[Description of the task]: Word for word, return the lines from the top of the listing to the line containing "tqueue-Implements s a", both ends included, and no others.

-*-*-

-- ===== src/Xpio/Tasks/Changes.antt =====
-- luau/xpio_c.c: each function of the task queues does what the abstract view says.
use flake.Common.{
  ℕ, ◌≡◌, ap, ◌∙◌, true, false, ◌&&◌, none, some, arith, ◌==◌, ==_iff, if◌then◌else◌, Bool-cases,
  inl, inr,
}
use flake.Lua.Table.{Key, key_eq, key_eq_iff, TableApi}
use flake.Xpio.Queue.{Mode, Task, State, put_task, put_entry, tqueue}
use flake.Xpio.Queue.Registry.{
  mode_eq, mode_eq-eq, enqueued, dequeued, enqueued-IsValid, dequeued-IsValid,
}
use flake.Xpio.Queue.Schedule.{
  registered-enqueued, registered-dequeued, registered-tqueue, tqueue-is_empty,
}
use flake.Xpio.Tasks.{Abstract, with_wait, with_scheduled, fits, Implements}

module _ (T : TableApi) where
  pub tqueue-Implements :
      (s : State T) (a : Abstract) (fresh : ℕ)
      → Implements T s a
      → Implements T
          (tqueue T fresh s)
          (record a { waits = λ r n j. if r == fresh then none else a.waits r n j })
  unfolding tqueue
  tqueue-Implements s a fresh h = record {
    valid = (tqueue-is_empty T s fresh h.valid).0;
    waits =
        λ q mode key. ground (arith, registered-tqueue T s fresh q mode key, h.waits q mode key);
    kinds =
        λ q mode key e. h.kinds q mode key (ground (arith, registered-tqueue T s fresh q mode key));
    scheduled = h.scheduled;
  }

  pub enqueued-Implements :
      (s : State T) (a : Abstract) (q task : ℕ) (mode : Mode) (key : Key)
      → fits mode key ≡ true
      → (s.tasks task).dequeue ≡ none
      → Implements T s a
      → Implements T (enqueued T s q task key mode) (record {
        waits = with_wait a.waits q mode key (some task);
        scheduled = with_scheduled a.scheduled task true;
      })
  unfolding put_task put_entry
  enqueued-Implements s a q task mode key fit idle h = record {
    valid = enqueued-IsValid T s q task key mode h.valid idle;
    waits = λ r n j.
        registered-enqueued T s q task r key j mode n
        ∙ ap (λ v. if (r == q) && (mode_eq mode n && key_eq key j) then some task else v)
            (h.waits r n j);
    kinds = λ r n j e. elim (Bool-cases ((r == q) && (mode_eq mode n && key_eq key j))) [
      | inl c ↦ ground (arith, mode_eq-eq mode n, (key_eq_iff key j).0)
      | inr c ↦ h.kinds r n j (ground (arith, registered-enqueued T s q task r key j mode n))
    ];
    scheduled = λ t. ground (arith, h.scheduled t);
  }

  pub dequeued-Implements :
      (s : State T) (a : Abstract) (q task : ℕ) (mode : Mode) (key : Key)
      → s.tasks task ≡ record { queue = some q; dequeue = some mode; dequeuedata = some key }
      → Implements T s a
      → Implements T (dequeued T s q task key mode) (record {
        waits = with_wait a.waits q mode key none;
        scheduled = with_scheduled a.scheduled task false;
      })
  unfolding put_task put_entry
  dequeued-Implements s a q task mode key at h = record {
    valid = dequeued-IsValid T s q task key mode h.valid at;
    waits = λ r n j.
        registered-dequeued T s q task r key j mode n
        ∙ ap (λ v. if (r == q) && (mode_eq mode n && key_eq key j) then none else v)
            (h.waits r n j);
    kinds =
        λ r n j e. h.kinds r n j (ground (arith, registered-dequeued T s q task r key j mode n));
    scheduled = λ t. ground (arith, h.scheduled t);
  }

  pub put_task-Implements :
      (s : State T) (a : Abstract) (task : ℕ) (f : Task)
      → (s.tasks task).dequeue ≡ none
      → f.dequeue ≡ none
      → Implements T s a
      → Implements T (put_task T s task f) a
  unfolding put_task
  put_task-Implements s a task f idle still h = record {
    valid = λ q mode key t e. ground (arith, h.valid q mode key t e);
    waits = h.waits;
    kinds = h.kinds;
    scheduled = λ t. ground (arith, h.scheduled t, (==_iff t task).0);
  }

-*-*-

[Problem solution]:
-- ===== src/Xpio/Tasks/Changes.antt =====
-- luau/xpio_c.c: each function of the task queues does what the abstract view says.
use flake.Common.{
  ℕ, ◌≡◌, ap, ◌∙◌, true, false, ◌&&◌, none, some, arith, ◌==◌, ==_iff, if◌then◌else◌, Bool-cases,
  inl, inr,
}
use flake.Lua.Table.{Key, key_eq, key_eq_iff, TableApi}
use flake.Xpio.Queue.{Mode, Task, State, put_task, put_entry, tqueue}
use flake.Xpio.Queue.Registry.{
  mode_eq, mode_eq-eq, enqueued, dequeued, enqueued-IsValid, dequeued-IsValid,
}
use flake.Xpio.Queue.Schedule.{
  registered-enqueued, registered-dequeued, registered-tqueue, tqueue-is_empty,
}
use flake.Xpio.Tasks.{Abstract, with_wait, with_scheduled, fits, Implements}

module _ (T : TableApi) where
  pub tqueue-Implements :
      (s : State T) (a : Abstract) (fresh : ℕ)
      → Implements T s a
      → Implements T
          (tqueue T fresh s)
          (record a { waits = λ r n j. if r == fresh then none else a.waits r n j })
  unfolding tqueue
  tqueue-Implements s a fresh h = record {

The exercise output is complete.